Lopez, along with 24 other local emergency responders, are braving the harsh winds and rain brought on by Sandy. A total of five ambulances from Michiana were sent to Maryland in anticipation of the storm.

Crews arrived in parts of Maryland and New York late Monday morning, all working tirelessly to prepare for Sandy's arrival.

"It's kind of eerie outside right now, as I said, there are no people outside. It's kind of like a funny feeling. It's something you would see in a movie. There is nobody outside, all the stores are closing," said Lopez.

A total of 107 personnel and 44 vehicles have been deployed from across Indiana. Teams are ready and in place to aid with possible evacuations of hospitals and nursing homes along the East Coast.

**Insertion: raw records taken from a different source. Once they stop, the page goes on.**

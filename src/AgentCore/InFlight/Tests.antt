-- ===== src/AgentCore/InFlight/Tests.antt =====
-- Runs of the registry on small inputs.
use mathlib.Core.List.{Memᴰ}
use latiq.Prelude.{
  ℕ, String, Bool, true, false, ◌≡◌, refl, List, [], ◌∷◌, Option, none, some, any, nat_eq, ◌==◌,
}
use latiq.AgentCore.InFlight.{
  Entry, InFlight, new, is_cancelled, is_dropping, Step, checks, enters, completes, tombstones,
  cancels_for, ends_drop, run, Call, registers, begins_drop, completed, call_all,
}
use latiq.AgentCore.InFlight.Laws.{call_all-is_cancelled}
use latiq.AgentCore.InFlight.Schedules.{run-misses}

abbrev op : Entry
op = record { op_id = "a"; token = 1; pond_id = some "x" }

abbrev calls : List Call
calls =
    registers "a" 1 (some "x")
    ∷ registers "b" 2 (some "y")
    ∷ begins_drop "x"
    ∷ registers "c" 3 (some "x")
    ∷ completed "c"
    ∷ []

call_all-is_cancelled_example : is_cancelled (call_all calls new) 1 ≡ true
unfolding call_all latiq.AgentCore.InFlight.call latiq.Prelude.keep any
call_all-is_cancelled_example =
    call_all-is_cancelled calls op "x" (Memᴰ.tail (Memᴰ.head refl)) refl refl

abbrev dropping : InFlight
dropping = call_all (begins_drop "x" ∷ []) new

abbrev missed : InFlight
missed = run (checks op ∷ tombstones "x" ∷ cancels_for "x" ∷ enters op ∷ []) new

run-misses_example :
    (is_dropping missed "x" ≡ true)
    × (any (λ x. x.token == 1) missed.map ≡ true)
    × (is_cancelled missed 1 ≡ false)
unfolding any
run-misses_example = run-misses "a" 1 "x" new refl refl tt
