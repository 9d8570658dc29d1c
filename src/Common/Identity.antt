-- ===== src/Common/Identity.antt =====
-- crates/latiq-common/src/identity.rs: who a caller is, and what of it was verified.
use latiq.Prelude.{Bool, true, false, [], Option, none, some, if◌then◌else◌}
use latiq.Prelude.Text.{Text, codes, is_empty, trim}

pub record Identity : Type 0 where
  pub agent_id : Text
  pub subject : Text
  pub issuer : Text
  pub verified : Bool

-- The claimed agent, trimmed, or what stands in for it.
unfoldable pub agent_or : Text → Option Text → Text
agent_or fallback none = fallback
agent_or fallback (some claimed_agent) =
    if is_empty (trim claimed_agent) then fallback else trim claimed_agent

unfoldable pub claimed : Option Text → Identity
unfolding agent_or
claimed header = record {
  agent_id = agent_or (codes "anonymous") header;
  subject = [];
  issuer = [];
  verified = false;
}

unfoldable pub verified_identity : (subject issuer : Text) → Option Text → Identity
unfolding agent_or
verified_identity subject issuer claimed_agent = record {
  agent_id = agent_or (trim subject) claimed_agent;
  subject = trim subject;
  issuer = trim issuer;
  verified = true;
}
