-- ===== src/AgentCore/Placement.antt =====
-- crates/latiq-agent-core/src/ops.rs: `placement` and `route`, which decide on which node a pond's work
-- runs; crates/latiq-agent-core/src/forward.rs: `Peer`. What is done over the forwarder is its
-- implementor's; here it is only there or not.
pub mod Laws
mod Tests
use latiq.Prelude.{
  String, Bool, true, false, not, Option, none, some, ◌==◌, string_eq, if◌then◌else◌, Result, ok,
  err,
}
use latiq.AgentCore.Control.{PondInfo}

-- What a node knows of itself.
pub record Node : Type 0 where
  pub self_node_id : Option String
  pub self_endpoint : Option String
  pub has_forwarder : Bool

-- `AgentOps::new`, and `with_forwarding` on it.
abbrev pub unclustered : Node
unclustered = record { self_node_id = none; self_endpoint = none; has_forwarder = false }

abbrev pub with_forwarding : (self_node_id self_endpoint : String) → Node → Node
with_forwarding id endpoint node = record node {
  self_node_id = some id;
  self_endpoint = some endpoint;
  has_forwarder = true;
}

pub record Peer : Type 0 where
  pub node_id : String
  pub endpoint : String

pub data Placement : Type 0 where
  local : Placement
  forward : Peer → Placement
  no_owner : Placement

-- `filter(|s| !s.is_empty())`.
unfoldable pub non_empty : Option String → Option String
non_empty none = none
non_empty (some s) = if s == "" then none else some s

-- The match on the owner's endpoint, for a pond of another node.
unfoldable pub dial : (owner_id my_address : String) → Option String → Placement
dial owner_id my_address none = no_owner
dial owner_id my_address (some owner) =
    if owner == my_address
    then no_owner
    else forward (record { node_id = owner_id; endpoint = owner })

-- The ownership question, on a node of a cluster.
unfoldable pub owned : (me my_address : String) → Option String → Option String → Placement
unfolding dial
owned me my_address none endpoint = no_owner
owned me my_address (some owner_id) endpoint =
    if owner_id == me then local else dial owner_id my_address endpoint

unfoldable pub clustered : Bool → Option String → Option String → Option (String × String)
clustered true (some me) (some my_address) = some (me, my_address)
clustered _ _ _ = none

unfoldable pub placement : Node → PondInfo → Placement
unfolding clustered non_empty owned
placement node info = elim (clustered node.has_forwarder node.self_node_id node.self_endpoint) [
  | none ↦ local
  | some (me, my_address) ↦
      owned me my_address (non_empty info.node_id) (non_empty info.node_endpoint)
]

-- The refusal of `AgentError::pond_unavailable`, with the pond's name.
pub data RouteError : Type 0 where
  pond_unavailable : String → RouteError

-- `None` is: serve it here.
unfoldable pub route : Node → PondInfo → Result RouteError (Option Peer)
unfolding placement
route node info = elim (placement node info) [
  | local ↦ ok none
  | forward peer ↦ ok (some peer)
  | no_owner ↦ err (pond_unavailable info.name)
]
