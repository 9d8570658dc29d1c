-- ===== src/AgentCore/Ops.antt =====
-- crates/latiq-agent-core/src/ops.rs: a node that serves requests, with what it keeps and what it calls.
-- The control plane, the engine and the forwarder are records of operations, as the traits are. What
-- the surroundings answer to one request (the disk, the ids drawn, what fires the deadline, whether a
-- blocking task panics) is its `Env`. The access trail and the lineage have the newest entry first, without
-- times and trace ids; a poisoned lock and the buffering of events are left out.
pub mod Drop
pub mod Query
pub mod Ponds
pub mod Trail
pub mod Requests
mod Tests
use latiq.Prelude.{
  ℕ, String, Bool, true, false, ◌&&◌, not, List, [], ◌∷◌, Option, none, some, ◌==◌, string_eq,
  if◌then◌else◌, any, Result, ok, err,
}
use latiq.Prelude.Text.{Text, codes}
use latiq.Common.Identity.{Identity}
use latiq.Common.Tier.{PondTier, ResourceLimits, default_tier, parse, limits}
use latiq.Common.Timeout.{QueryTimeouts}
use latiq.Storage.LocalFs.{
  Disk, Mkdir, Rmdir, StorageError, PondLocation, ensure_pond, pond_location,
}
use latiq.AgentCore.Control.{
  PondInfo, AgentError, pond_unavailable, bad_pond_id, storage, ControlPlane,
}
use latiq.AgentCore.Placement.{Peer, RouteError, route}
use latiq.AgentCore.Placement as Placed
use latiq.AgentCore.InFlight.{InFlight}
use latiq.AgentCore.Deadline.{EngineError, Event}
use latiq.AgentCore.Control as Core

-- What is kept of a statement's meta; the engine fills the rest.
pub record QueryMeta : Type 0 where
  pub rows : ℕ
  pub timeout_ms : ℕ
  pub served_by : String

-- JSON values are texts.
pub record QueryResult : Type 0 where
  pub columns : List Text
  pub rows : List (List Text)
  pub meta : QueryMeta

-- `crate::access::record`.
pub record AccessRecord : Type 0 where
  pub identity : Identity
  pub op : String
  pub pond : Option String
  pub summary : Option Text
  pub succeeded : Bool

pub record LineageEvent : Type 0 where
  pub pond_id : String
  pub op : String
  pub succeeded : Bool
  pub meta : Option QueryMeta

-- `trait QueryEngine`; `schema` is what describe answers.
pub record Engine (En X D : Type 0) : Type 0 where
  pub init_pond : PondLocation → En → Result (EngineError X) (Unit {0}) × En
  pub query :
      (write : Bool) → PondLocation → (sql : Text) → En → Result (EngineError X) QueryResult × En
  pub plan_datasets : PondLocation → (sql : Text) → En → Option QueryMeta × En
  pub describe_schema : PondLocation → En → Result (EngineError X) D × En
  pub forget_pond : PondLocation → En → En

abbrev pub Answer : (X A : Type 0) → Type 0
Answer X A = Result (AgentError (EngineError X)) A

-- `trait Forwarder`: what the owner answers.
pub record Forwarder (X D : Type 0) : Type 0 where
  pub query :
      (write : Bool)
      → Peer
      → (pond_ref : String) → (sql : Text) → (timeout_ms : Option ℕ) → Answer X QueryResult
  pub describe : Peer → (pond_ref : String) → Answer X (PondInfo × D)
  pub materialize_pond : Peer → (pond_ref : String) → Answer X (Unit {0})
  pub drop_pond : Peer → (pond_ref : String) → (confirm : Bool) → Answer X (Unit {0})

-- `AgentConfig`, the storage's root, and the parser of UUIDs.
pub record Config : Type 0 where
  pub inline_row_cap : ℕ
  pub timeouts : QueryTimeouts
  pub root : Text
  pub parse_uuid : String → Option String
  pub to_lowercase : Text → Text

pub record Env : Type 0 where
  pub data_dir : Mkdir
  pub lineage_dir : Mkdir
  pub rmdir : Rmdir
  pub op_id : String
  pub token : ℕ
  pub events : List Event
  pub panicked : Bool

-- `AgentOps`. `raised` and `lowered` are the moves of the gauge of running queries, by pond.
pub record Node (S En : Type 0) : Type 0 where
  pub self : Placed.Node
  pub control : S
  pub engine : En
  pub disk : Disk
  pub inflight : InFlight
  pub writers : List String
  pub access : List AccessRecord
  pub lineage : List LineageEvent
  pub raised : List String
  pub lowered : List String

abbrev pub is_ok {ℓ κ} : {E : Type ℓ} {A : Type κ} → Result E A → Bool
is_ok (ok a) = true
is_ok (err e) = false

unfoldable pub tier_limits : (to_lowercase : Text → Text) → String → Option ResourceLimits
tier_limits lower tier = elim (parse lower (codes tier)) [
  | some t ↦ limits t
  | none ↦ limits default_tier
]

-- `loc.catalog_name = …` and the fields below it.
unfoldable pub for_pond : (to_lowercase : Text → Text) → PondInfo → PondLocation → PondLocation
unfolding tier_limits
for_pond lower info loc = record loc {
  catalog_name = codes info.name;
  limits = tier_limits lower info.tier;
  extensions = info.extensions;
  lineage = info.lineage;
}

unfoldable pub parsed_id : {X : Type 0} → Config → PondInfo → Answer X String
parsed_id cfg info = elim (cfg.parse_uuid info.pond_id) [
  | some pid ↦ ok pid
  | none ↦ err (bad_pond_id info.pond_id)
]

-- A request: its answer, and the node after it.
abbrev pub Act : (S En X A : Type 0) → Type 0
Act S En X A = Node S En → Answer X A × Node S En

abbrev pub entry :
    Identity
    → (op : String) → (pond : Option String) → (summary : Option Text) → (succeeded : Bool)
    → AccessRecord
entry identity op pond summary succeeded = record {
  identity = identity;
  op = op;
  pond = pond;
  summary = summary;
  succeeded = succeeded;
}

module _ {S En : Type 0} where
  unfoldable pub audit :
      Identity
      → (op : String) → (pond : Option String) → (summary : Option Text) → (succeeded : Bool)
      → Node S En
      → Node S En
  audit identity op pond summary succeeded n = record n {
    access = entry identity op pond summary succeeded ∷ n.access;
  }

module _ {S En X : Type 0} where
  -- `audit_err`, for an error that is returned.
  unfoldable pub audit_err :
      {A : Type 0}
      → Identity
      → (op : String) → (pond : Option String) → AgentError (EngineError X)
      → Act S En X A
  unfolding audit
  audit_err identity op pond e n = (err e, audit identity op pond none false n)

  module _ (cp : ControlPlane S (EngineError X)) where
    unfoldable pub looked :
        Identity
        → (op pond_ref : String) → Answer X PondInfo
        → Node S En
        → Answer X PondInfo × Node S En
    unfolding audit_err
    looked identity op pond_ref (ok info) n = (ok info, n)
    looked identity op pond_ref (err e) n = audit_err identity op (some pond_ref) e n

    unfoldable pub pond_info_audited : Identity → (op pond_ref : String) → Act S En X PondInfo
    unfolding looked
    pond_info_audited identity op pond_ref n =
        let found = cp.pond_info pond_ref n.control in
        looked identity op pond_ref found.0 (record n { control = found.1 })

    -- The beginning that all requests on a pond share: the lookup, the route, and the answer of the
    -- owner where the pond is another node's.
    unfoldable pub routed :
        {A : Type 0}
        → Identity
        → (op : String) → (Peer → Answer X A)
        → (PondInfo → Act S En X A)
        → PondInfo
        → Result RouteError (Option Peer)
        → Act S En X A
    unfolding audit_err
    routed identity op forward here info (ok none) n = here info n
    routed identity op forward here info (ok (some peer)) n = (forward peer, n)
    routed identity op forward here info (err e) n =
        audit_err identity op (some info.pond_id) (pond_unavailable info.name) n

    unfoldable pub proceed :
        {A : Type 0}
        → Identity
        → (op : String) → (Peer → Answer X A)
        → (PondInfo → Act S En X A)
        → Answer X PondInfo × Node S En
        → Answer X A × Node S En
    unfolding routed
    proceed identity op forward here (ok info, n) =
        routed identity op forward here info (route n.self info) n
    proceed identity op forward here (err e, n) = (err e, n)

    unfoldable pub dispatch :
        {A : Type 0}
        → Identity
        → (op pond_ref : String) → (Peer → Answer X A)
        → (PondInfo → Act S En X A)
        → Act S En X A
    unfolding pond_info_audited proceed
    dispatch identity op pond_ref forward here n =
        proceed identity op forward here (pond_info_audited identity op pond_ref n)

  -- A local half, with its outcome on the access trail.
  unfoldable pub audited :
      {A : Type 0}
      → Identity
      → (op : String) → (summary : Option Text) → (PondInfo → Act S En X A)
      → PondInfo
      → Act S En X A
  unfolding audit
  audited identity op summary here info n =
      let out = here info n in
      (out.0, audit identity op (some info.pond_id) summary (is_ok out.0) out.1)

  -- `ensure_pond` for a pond of the registry, and the location that the engine is given.
  unfoldable pub ensured :
      (to_lowercase : Text → Text)
      → PondInfo
      → Result StorageError PondLocation × Disk
      → Act S En X PondLocation
  unfolding for_pond
  ensured lower info (ok loc, disk) n = (ok (for_pond lower info loc), record n { disk = disk })
  ensured lower info (err e, disk) n = (err (storage e), record n { disk = disk })

  -- `parse_id` and `ensure_pond`, in which every local half begins.
  unfoldable pub materialize : Config → Env → PondInfo → Act S En X PondLocation
  unfolding ensured parsed_id
  materialize cfg env info n = elim (parsed_id cfg info) [
    | ok pid ↦
        ensured cfg.to_lowercase info
          (ensure_pond cfg.root pid info.lineage env.data_dir env.lineage_dir n.disk) n
    | err e ↦ (err e, n)
  ]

However, crews will also be focused on damage and injuries caused by loose debris.

"They are talking about 60 to 70 mile an hour gusts. Hopefully there won't be much damage, but if there is that is where we will start to put our plan of action in place," said Lopez Monday.

South Bend firefighters and police officers on Indiana's Homeland Security Task Force said Sandy didn't reach Maryland's inland regions, like Baltimore until late Monday night, which called for the overnight hours to be monitored closely.

"What they are looking at is damage to the neighborhoods where the trees would be falling on power lines and on houses. They pretty much have everything under control, like I said, they have declared a state of emergency where all the vehicles and people are off the roads," said Lopez.

Local teams will be deployed until Nov. 11, unless their assignment is extended.

Even though they sent ambulances from the area to aid the region, Chief Lopez said it will not affect local resources or response times.